Aim of the task: Pick out each line with the word "IsUndone" from the material that follows.

Extracted records:
=== Section Start ===

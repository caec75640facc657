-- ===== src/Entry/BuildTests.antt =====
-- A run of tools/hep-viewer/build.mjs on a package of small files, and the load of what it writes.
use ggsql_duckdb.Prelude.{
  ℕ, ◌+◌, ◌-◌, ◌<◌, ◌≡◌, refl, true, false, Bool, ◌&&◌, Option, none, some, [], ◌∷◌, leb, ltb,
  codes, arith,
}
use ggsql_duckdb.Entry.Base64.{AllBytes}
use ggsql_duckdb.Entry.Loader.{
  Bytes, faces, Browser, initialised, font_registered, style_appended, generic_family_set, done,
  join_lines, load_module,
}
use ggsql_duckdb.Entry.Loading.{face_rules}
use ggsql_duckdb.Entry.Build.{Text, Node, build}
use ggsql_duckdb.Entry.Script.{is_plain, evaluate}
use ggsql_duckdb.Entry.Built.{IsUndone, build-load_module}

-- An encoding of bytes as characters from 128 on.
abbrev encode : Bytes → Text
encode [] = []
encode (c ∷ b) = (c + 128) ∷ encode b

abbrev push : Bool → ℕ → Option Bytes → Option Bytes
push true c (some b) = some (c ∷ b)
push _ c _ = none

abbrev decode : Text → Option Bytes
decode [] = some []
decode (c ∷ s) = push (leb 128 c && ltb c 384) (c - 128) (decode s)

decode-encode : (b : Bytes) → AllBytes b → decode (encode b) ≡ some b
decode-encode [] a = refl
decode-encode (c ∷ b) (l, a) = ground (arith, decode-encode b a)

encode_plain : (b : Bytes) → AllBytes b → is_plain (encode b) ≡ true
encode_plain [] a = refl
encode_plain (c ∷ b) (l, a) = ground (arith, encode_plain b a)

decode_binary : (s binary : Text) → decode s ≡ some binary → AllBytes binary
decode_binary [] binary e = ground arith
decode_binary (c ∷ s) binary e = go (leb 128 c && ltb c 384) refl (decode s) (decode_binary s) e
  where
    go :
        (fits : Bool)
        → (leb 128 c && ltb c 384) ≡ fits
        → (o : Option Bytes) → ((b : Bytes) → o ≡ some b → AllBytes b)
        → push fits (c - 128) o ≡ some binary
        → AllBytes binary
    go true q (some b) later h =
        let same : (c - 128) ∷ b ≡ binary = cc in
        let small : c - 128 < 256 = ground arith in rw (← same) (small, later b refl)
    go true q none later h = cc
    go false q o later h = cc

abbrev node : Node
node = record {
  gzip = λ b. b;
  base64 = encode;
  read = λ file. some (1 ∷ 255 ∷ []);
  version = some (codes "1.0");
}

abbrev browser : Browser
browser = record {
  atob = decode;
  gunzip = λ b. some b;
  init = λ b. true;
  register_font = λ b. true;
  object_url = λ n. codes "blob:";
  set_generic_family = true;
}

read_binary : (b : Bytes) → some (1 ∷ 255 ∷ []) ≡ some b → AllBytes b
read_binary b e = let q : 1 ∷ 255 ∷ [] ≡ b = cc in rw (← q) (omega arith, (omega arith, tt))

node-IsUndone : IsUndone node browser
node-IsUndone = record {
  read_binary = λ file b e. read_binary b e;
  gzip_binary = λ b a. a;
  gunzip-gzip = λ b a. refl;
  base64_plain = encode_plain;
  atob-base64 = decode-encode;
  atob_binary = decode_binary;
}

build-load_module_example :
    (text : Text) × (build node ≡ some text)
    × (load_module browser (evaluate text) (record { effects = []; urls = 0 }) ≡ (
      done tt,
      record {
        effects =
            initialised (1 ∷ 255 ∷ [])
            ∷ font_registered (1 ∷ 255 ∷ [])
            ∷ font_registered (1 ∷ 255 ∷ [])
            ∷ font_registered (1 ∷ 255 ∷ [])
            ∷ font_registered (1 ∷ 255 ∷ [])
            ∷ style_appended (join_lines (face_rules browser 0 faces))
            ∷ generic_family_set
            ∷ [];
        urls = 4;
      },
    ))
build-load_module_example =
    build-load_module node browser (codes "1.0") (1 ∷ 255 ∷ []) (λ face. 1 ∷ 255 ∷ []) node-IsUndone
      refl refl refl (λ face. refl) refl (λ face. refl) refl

=== Section End ===
=== Section Start ===

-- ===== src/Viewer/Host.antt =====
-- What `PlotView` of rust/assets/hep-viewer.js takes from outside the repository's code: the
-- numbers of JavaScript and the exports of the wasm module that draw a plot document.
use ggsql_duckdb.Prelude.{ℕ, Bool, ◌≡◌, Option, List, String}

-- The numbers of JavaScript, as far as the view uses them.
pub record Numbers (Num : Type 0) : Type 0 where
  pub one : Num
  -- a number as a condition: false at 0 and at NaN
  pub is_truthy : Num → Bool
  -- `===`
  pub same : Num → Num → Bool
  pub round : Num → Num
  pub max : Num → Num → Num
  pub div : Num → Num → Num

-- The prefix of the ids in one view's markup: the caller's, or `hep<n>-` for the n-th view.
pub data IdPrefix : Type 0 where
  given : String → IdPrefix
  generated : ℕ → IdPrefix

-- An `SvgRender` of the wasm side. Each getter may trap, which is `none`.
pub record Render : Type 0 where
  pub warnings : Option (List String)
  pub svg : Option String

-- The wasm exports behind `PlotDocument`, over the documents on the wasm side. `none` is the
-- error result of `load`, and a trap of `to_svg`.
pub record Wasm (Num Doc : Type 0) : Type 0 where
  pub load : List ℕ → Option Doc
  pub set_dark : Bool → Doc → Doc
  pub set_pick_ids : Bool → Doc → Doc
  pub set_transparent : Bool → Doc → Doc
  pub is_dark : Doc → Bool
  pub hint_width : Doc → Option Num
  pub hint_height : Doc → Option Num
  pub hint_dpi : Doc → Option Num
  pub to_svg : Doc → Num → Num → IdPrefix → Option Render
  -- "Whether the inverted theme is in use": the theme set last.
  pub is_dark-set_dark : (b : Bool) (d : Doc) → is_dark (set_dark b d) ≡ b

=== Section End ===

Solved problem:
use ggsql_duckdb.Entry.Built.{IsUndone, build-load_module}
node-IsUndone : IsUndone node browser
node-IsUndone = record {
    build-load_module node browser (codes "1.0") (1 ∷ 255 ∷ []) (λ face. 1 ∷ 255 ∷ []) node-IsUndone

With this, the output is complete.